Brief: Two lines in the data below mark the range: the one with "filename src/Observability.antt" and the one with "abbrev pub sqlite_time : ℕ → Stamp". Return both, along with every line between them, exactly.

START Source data

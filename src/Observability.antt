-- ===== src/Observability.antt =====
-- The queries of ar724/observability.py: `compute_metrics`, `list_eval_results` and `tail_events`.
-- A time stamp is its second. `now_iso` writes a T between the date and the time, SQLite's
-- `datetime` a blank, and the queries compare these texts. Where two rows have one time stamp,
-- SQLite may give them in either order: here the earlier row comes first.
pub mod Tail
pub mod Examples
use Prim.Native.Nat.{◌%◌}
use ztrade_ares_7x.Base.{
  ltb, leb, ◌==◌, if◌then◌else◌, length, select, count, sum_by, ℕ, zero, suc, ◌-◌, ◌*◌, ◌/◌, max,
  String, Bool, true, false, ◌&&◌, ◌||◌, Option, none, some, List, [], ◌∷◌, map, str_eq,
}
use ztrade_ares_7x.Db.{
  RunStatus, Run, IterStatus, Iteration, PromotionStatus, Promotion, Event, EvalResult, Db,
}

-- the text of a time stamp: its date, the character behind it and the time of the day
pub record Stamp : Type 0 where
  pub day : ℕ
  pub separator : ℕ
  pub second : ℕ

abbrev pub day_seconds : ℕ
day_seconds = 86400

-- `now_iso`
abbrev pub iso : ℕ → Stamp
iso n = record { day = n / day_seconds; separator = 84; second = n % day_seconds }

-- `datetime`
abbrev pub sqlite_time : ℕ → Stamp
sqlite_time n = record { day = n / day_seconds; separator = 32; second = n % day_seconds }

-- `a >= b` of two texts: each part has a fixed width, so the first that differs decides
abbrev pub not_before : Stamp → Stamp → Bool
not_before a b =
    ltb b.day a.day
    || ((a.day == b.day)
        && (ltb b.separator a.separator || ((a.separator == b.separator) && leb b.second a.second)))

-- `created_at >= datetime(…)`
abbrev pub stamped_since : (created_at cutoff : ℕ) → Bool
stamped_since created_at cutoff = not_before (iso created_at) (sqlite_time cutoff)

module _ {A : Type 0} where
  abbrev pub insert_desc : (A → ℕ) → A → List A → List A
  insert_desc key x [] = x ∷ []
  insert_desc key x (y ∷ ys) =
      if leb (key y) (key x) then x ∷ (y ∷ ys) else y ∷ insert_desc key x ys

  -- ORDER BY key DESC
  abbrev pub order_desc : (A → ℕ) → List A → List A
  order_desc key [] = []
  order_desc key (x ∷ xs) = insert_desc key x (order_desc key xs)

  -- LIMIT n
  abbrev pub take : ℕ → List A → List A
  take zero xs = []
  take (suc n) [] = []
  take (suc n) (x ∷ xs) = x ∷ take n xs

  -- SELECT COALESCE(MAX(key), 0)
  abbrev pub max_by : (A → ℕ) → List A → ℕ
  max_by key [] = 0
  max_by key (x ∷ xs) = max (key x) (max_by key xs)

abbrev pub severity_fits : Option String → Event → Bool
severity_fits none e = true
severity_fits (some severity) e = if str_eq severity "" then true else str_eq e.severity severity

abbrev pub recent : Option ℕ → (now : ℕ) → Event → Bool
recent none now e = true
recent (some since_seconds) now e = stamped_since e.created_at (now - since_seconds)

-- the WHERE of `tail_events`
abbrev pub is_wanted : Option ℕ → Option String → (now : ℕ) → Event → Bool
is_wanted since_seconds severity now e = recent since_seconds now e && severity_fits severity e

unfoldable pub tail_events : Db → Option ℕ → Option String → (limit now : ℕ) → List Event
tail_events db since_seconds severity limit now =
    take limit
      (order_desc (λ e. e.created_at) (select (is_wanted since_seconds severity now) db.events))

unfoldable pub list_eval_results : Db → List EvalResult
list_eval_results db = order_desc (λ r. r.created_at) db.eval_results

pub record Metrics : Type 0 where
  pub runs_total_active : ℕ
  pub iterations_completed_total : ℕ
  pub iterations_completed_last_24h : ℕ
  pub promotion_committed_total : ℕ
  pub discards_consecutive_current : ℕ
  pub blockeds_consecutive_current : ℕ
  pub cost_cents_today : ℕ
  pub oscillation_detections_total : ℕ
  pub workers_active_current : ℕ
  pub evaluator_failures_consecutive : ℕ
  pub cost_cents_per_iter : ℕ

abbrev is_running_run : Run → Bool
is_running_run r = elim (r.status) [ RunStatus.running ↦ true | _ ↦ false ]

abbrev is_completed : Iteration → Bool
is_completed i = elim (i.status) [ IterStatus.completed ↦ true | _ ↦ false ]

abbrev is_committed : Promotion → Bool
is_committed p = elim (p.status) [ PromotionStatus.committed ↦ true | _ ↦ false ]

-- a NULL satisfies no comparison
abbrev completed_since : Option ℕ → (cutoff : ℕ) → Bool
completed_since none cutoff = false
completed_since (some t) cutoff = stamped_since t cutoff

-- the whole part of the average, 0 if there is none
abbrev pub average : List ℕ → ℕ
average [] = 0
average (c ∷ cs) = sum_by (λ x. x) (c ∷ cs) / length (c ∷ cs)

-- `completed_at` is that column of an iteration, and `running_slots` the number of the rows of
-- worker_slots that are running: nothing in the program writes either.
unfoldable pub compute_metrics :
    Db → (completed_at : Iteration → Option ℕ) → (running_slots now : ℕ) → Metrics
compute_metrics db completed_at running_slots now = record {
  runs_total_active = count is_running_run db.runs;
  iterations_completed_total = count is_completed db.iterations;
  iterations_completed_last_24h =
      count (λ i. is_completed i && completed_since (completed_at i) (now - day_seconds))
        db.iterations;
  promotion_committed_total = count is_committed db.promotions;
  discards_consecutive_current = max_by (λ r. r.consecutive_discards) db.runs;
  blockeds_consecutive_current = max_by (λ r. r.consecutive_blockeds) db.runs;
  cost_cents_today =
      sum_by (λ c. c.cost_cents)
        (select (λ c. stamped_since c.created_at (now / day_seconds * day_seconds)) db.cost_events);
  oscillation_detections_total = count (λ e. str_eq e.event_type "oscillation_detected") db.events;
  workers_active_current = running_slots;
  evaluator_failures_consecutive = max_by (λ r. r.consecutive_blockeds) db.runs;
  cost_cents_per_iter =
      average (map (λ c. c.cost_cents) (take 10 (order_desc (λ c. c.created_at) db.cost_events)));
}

END Source data
START Source data

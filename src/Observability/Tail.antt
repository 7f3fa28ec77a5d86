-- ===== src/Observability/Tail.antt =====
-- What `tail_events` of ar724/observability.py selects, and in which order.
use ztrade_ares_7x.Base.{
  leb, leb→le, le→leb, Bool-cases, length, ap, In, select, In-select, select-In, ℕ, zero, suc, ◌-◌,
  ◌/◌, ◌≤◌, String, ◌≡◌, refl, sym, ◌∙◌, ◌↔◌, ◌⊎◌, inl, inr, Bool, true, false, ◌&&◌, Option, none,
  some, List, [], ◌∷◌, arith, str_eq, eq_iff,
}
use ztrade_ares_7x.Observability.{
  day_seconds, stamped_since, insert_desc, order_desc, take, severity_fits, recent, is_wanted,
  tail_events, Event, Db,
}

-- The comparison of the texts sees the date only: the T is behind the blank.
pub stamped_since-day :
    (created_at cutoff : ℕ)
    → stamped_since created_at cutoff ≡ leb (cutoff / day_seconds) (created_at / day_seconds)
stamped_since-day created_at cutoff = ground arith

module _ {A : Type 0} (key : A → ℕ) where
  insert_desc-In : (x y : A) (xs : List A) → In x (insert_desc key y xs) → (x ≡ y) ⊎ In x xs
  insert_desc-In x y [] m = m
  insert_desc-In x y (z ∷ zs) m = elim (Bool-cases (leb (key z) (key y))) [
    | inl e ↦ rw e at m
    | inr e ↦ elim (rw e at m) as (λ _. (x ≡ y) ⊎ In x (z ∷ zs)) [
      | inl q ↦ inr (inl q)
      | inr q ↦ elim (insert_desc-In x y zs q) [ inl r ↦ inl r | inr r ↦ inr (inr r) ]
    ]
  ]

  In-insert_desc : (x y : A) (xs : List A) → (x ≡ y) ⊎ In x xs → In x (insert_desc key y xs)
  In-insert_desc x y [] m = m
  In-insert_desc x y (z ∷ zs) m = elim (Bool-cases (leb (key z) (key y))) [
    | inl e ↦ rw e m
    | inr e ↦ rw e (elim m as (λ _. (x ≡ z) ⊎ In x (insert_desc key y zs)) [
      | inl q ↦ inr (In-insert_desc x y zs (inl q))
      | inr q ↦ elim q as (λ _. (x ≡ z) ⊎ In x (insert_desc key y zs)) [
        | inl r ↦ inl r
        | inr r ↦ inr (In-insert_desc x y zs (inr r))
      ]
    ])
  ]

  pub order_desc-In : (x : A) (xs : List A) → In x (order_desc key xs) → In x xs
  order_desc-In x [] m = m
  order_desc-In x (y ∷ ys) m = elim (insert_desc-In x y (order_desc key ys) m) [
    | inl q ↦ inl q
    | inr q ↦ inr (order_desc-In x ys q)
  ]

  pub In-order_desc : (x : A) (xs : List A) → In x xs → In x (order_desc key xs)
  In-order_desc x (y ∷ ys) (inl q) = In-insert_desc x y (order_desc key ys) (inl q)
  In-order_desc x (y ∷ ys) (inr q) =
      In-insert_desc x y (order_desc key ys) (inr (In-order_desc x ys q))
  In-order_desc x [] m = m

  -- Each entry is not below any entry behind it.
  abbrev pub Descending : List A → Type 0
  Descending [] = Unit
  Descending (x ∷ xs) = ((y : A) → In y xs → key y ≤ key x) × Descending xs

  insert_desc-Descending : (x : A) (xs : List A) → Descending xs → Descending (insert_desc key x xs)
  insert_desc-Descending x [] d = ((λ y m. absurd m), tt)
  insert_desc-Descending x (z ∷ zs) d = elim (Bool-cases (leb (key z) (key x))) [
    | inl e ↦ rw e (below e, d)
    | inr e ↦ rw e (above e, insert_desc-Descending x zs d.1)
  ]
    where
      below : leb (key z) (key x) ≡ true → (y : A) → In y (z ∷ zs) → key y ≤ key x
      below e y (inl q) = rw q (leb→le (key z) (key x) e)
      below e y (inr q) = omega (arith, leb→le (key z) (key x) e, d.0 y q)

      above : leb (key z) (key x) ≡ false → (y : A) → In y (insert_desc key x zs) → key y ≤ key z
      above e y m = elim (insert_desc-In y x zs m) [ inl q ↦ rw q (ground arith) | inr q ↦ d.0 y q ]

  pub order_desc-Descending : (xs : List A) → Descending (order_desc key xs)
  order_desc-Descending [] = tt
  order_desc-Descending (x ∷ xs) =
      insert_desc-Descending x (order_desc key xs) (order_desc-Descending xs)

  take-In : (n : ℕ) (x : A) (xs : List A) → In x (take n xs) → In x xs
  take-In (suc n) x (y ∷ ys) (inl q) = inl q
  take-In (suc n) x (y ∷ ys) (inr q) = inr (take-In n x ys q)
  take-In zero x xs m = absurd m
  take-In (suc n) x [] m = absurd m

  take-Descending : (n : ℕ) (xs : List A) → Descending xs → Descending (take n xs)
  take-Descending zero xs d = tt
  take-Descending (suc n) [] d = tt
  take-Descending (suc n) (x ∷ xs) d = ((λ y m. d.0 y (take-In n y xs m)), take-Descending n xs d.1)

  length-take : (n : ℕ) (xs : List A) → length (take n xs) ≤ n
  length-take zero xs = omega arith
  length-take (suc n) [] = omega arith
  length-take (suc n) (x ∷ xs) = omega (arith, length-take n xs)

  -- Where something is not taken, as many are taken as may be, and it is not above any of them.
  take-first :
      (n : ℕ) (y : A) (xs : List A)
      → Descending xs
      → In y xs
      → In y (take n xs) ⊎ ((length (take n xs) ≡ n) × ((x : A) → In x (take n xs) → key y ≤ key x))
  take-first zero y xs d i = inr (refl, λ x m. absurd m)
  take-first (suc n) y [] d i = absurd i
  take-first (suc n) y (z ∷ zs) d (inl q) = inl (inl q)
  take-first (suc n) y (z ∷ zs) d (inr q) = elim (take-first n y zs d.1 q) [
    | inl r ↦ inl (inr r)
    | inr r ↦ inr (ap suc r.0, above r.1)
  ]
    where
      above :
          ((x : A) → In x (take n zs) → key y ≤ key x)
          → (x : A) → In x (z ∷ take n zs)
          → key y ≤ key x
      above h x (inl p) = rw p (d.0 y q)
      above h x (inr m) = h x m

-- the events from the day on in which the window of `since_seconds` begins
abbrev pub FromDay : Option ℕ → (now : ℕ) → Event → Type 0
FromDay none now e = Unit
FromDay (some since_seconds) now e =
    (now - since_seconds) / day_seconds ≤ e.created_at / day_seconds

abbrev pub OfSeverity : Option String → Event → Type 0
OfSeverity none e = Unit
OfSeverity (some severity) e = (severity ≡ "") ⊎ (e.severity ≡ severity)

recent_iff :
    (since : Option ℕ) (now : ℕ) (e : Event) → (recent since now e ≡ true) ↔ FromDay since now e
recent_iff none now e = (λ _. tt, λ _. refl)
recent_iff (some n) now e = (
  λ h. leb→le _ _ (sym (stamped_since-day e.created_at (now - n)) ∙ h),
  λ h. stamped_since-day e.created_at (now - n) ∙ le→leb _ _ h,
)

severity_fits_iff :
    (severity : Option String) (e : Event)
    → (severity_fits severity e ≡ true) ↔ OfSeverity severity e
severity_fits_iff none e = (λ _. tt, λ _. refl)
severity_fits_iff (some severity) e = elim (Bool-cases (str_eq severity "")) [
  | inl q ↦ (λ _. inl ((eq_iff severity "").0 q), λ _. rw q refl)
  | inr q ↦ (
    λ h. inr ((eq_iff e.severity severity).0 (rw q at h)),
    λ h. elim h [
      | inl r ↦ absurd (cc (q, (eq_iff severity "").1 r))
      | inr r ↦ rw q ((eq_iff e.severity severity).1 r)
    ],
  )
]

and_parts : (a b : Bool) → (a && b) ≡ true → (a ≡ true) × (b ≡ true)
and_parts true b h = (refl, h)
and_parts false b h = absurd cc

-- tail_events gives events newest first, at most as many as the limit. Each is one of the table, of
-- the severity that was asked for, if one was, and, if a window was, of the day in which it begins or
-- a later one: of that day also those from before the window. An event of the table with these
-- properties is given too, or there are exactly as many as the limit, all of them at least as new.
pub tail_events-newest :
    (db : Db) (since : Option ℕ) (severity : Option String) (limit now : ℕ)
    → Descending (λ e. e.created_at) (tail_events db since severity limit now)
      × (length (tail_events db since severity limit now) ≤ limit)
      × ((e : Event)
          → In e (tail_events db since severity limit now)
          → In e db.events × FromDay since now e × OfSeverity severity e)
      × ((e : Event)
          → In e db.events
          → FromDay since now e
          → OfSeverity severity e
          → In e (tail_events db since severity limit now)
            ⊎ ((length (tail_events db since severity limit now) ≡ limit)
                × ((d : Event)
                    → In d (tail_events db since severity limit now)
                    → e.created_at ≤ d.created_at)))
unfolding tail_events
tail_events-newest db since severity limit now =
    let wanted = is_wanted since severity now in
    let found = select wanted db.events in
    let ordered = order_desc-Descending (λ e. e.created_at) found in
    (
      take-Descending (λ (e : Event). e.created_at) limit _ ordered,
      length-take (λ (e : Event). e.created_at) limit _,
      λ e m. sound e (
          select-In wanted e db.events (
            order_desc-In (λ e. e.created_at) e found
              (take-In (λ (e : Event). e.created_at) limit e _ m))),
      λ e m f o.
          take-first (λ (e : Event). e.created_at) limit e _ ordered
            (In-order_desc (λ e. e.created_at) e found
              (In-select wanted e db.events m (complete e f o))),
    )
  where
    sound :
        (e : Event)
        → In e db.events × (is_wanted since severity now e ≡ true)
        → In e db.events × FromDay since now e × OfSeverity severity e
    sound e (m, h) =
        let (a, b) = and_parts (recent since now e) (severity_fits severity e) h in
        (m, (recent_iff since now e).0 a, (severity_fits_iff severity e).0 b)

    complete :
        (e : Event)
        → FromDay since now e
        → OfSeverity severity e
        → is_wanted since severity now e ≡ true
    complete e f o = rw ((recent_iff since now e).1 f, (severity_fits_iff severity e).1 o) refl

END Source data

Solution to the exercise:
filename src/Observability.antt
-- ===== src/Observability.antt =====
-- The queries of ar724/observability.py: `compute_metrics`, `list_eval_results` and `tail_events`.
-- A time stamp is its second. `now_iso` writes a T between the date and the time, SQLite's
-- `datetime` a blank, and the queries compare these texts. Where two rows have one time stamp,
-- SQLite may give them in either order: here the earlier row comes first.
pub mod Tail
pub mod Examples
use Prim.Native.Nat.{◌%◌}
use ztrade_ares_7x.Base.{
  ltb, leb, ◌==◌, if◌then◌else◌, length, select, count, sum_by, ℕ, zero, suc, ◌-◌, ◌*◌, ◌/◌, max,
  String, Bool, true, false, ◌&&◌, ◌||◌, Option, none, some, List, [], ◌∷◌, map, str_eq,
}
use ztrade_ares_7x.Db.{
  RunStatus, Run, IterStatus, Iteration, PromotionStatus, Promotion, Event, EvalResult, Db,
}

-- the text of a time stamp: its date, the character behind it and the time of the day
pub record Stamp : Type 0 where
  pub day : ℕ
  pub separator : ℕ
  pub second : ℕ

abbrev pub day_seconds : ℕ
day_seconds = 86400

-- `now_iso`
abbrev pub iso : ℕ → Stamp
iso n = record { day = n / day_seconds; separator = 84; second = n % day_seconds }

-- `datetime`
abbrev pub sqlite_time : ℕ → Stamp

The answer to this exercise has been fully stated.